Collected data
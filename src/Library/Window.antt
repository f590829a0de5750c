-- ===== src/Library/Window.antt =====
-- internal/library/settings.go: the daily window of the re-encode queue, its parser and its test. A
-- time is the minutes since midnight that the service's local clock shows.
pub mod Clock
use katalog_manager.Base.{
  ℕ, ◌+◌, ◌-◌, ◌*◌, Bool, true, false, not, ◌&&◌, ◌||◌, Option, none, some, List, [], ◌∷◌, keep,
  ltb, leb, ◌==◌, if◌then◌else◌,
}
use katalog_manager.Base.Text.{Text, trim_space, is_empty}

-- Window; a zero Window is any time.
pub record Window : Type 0 where
  pub set : Bool
  pub start : ℕ
  pub end : ℕ

abbrev pub any_time : Window
any_time = record { set = false; start = 0; end = 0 }

-- windowRE's classes: a digit up to one given, and its value.
abbrev pub is_digit_to : ℕ → ℕ → Bool
is_digit_to most c = leb 48 c && leb c (48 + most)

-- ([01]\d|2[0-3]):([0-5]\d), without the colon
abbrev pub is_clock : ℕ → ℕ → ℕ → ℕ → Bool
is_clock a b c d =
    ((is_digit_to 1 a && is_digit_to 9 b) || (a == 50 && is_digit_to 3 b))
    && is_digit_to 5 c
    && is_digit_to 9 d

-- at, of two digits each (strconv.Atoi)
abbrev pub at : ℕ → ℕ → ℕ → ℕ → ℕ
at a b c d = ((a - 48) * 10 + (b - 48)) * 60 + ((c - 48) * 10 + (d - 48))

-- windowRE.FindStringSubmatch and the window of what it found
unfoldable pub window_of : Text → Option Window
window_of (a ∷ b ∷ x ∷ c ∷ d ∷ y ∷ e ∷ f ∷ z ∷ g ∷ h ∷ []) =
    if is_clock a b c d && is_clock e f g h && x == 58 && y == 45 && z == 58
    then some (record { set = true; start = at a b c d; end = at e f g h })
    else none
window_of _ = none

-- ParseWindow; none is its error.
unfoldable pub parse_window : Text → Option Window
unfolding window_of
parse_window v =
    let t = trim_space v in
    if is_empty t then some any_time else window_of (keep (λ c. not (c == 32)) t)

-- Contains
unfoldable pub contains : Window → ℕ → Bool
contains w now =
    if not w.set || w.start == w.end
    then true
    else if ltb w.start w.end
    then leb w.start now && ltb now w.end
    else leb w.start now || ltb now w.end
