-- ===== src/Picture/Window.antt =====
-- internal/picture/backfill.go: the daily window of the picture backfill. A time is in nanoseconds
-- since the epoch, in UTC, whose days are all of 24 hours.
pub mod Opening
use katalog_manager.Base.{
  ℕ, ◌+◌, ◌-◌, ◌*◌, ◌/◌, ◌%◌, Bool, true, false, not, ◌&&◌, ◌||◌, Option, none, some, List, [], ◌∷◌,
  keep, ltb, leb, ◌==◌, if◌then◌else◌,
}
use katalog_manager.Base.Text.{Text, trim_space, is_empty}
use katalog_manager.Library.Window.{Window as DailyWindow, window_of}

abbrev pub minute : ℕ
minute = 60000000000

abbrev pub day : ℕ
day = 86400000000000

-- Window; a zero Window is any time, one that never holds is none that could be read.
pub record Window : Type 0 where
  pub set : Bool
  pub never : Bool
  pub start : ℕ
  pub end : ℕ

abbrev pub any_time : Window
any_time = record { set = false; never = false; start = 0; end = 0 }

abbrev pub never_holds : Window
never_holds = record { set = false; never = true; start = 0; end = 0 }

abbrev pub found : Option DailyWindow → Option Window
found none = none
found (some w) = some (record { set = true; never = false; start = w.start; end = w.end })

-- ParseWindow; its expression and its times are those of library.ParseWindow. none is its error.
unfoldable pub parse_window : Text → Option Window
unfolding window_of
parse_window v =
    let t = keep (λ c. not (c == 32)) (trim_space v) in
    if is_empty t then some any_time else found (window_of t)

-- u.Hour()*60 + u.Minute()
abbrev pub minute_of : ℕ → ℕ
minute_of t = t % day / minute

-- A window that is any time.
abbrev pub is_whole : Window → Bool
is_whole w = not w.set || w.start == w.end

-- Contains
unfoldable pub contains : Window → ℕ → Bool
contains w t =
    if w.never
    then false
    else if is_whole w
    then true
    else if ltb w.start w.end
    then leb w.start (minute_of t) && ltb (minute_of t) w.end
    else leb w.start (minute_of t) || ltb (minute_of t) w.end

-- The next time after t that the clock shows m minutes: today's, or tomorrow's if that is past.
unfoldable pub next_time : ℕ → ℕ → ℕ
next_time m t = let at = t - t % day + m * minute in if leb at t then at + day else at

-- Closes; none is the zero time, of a window that never ends.
unfoldable pub closes : Window → ℕ → Option ℕ
unfolding next_time
closes w t = if is_whole w || w.never then none else some (next_time w.end t)

-- Opens
unfoldable pub opens : Window → ℕ → ℕ
unfolding contains next_time
opens w t = if contains w t || w.never then t else next_time w.start t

__YOUR GOAL__. Your task is to copy exactly, and only, the lines from the line with "unfolding next_time" through the last line of the entries, both included.

__SOLUTION TO THE PROBLEM__.
unfolding next_time
closes w t = if is_whole w || w.never then none else some (next_time w.end t)

-- Opens
unfoldable pub opens : Window → ℕ → ℕ
unfolding contains next_time
opens w t = if contains w t || w.never then t else next_time w.start t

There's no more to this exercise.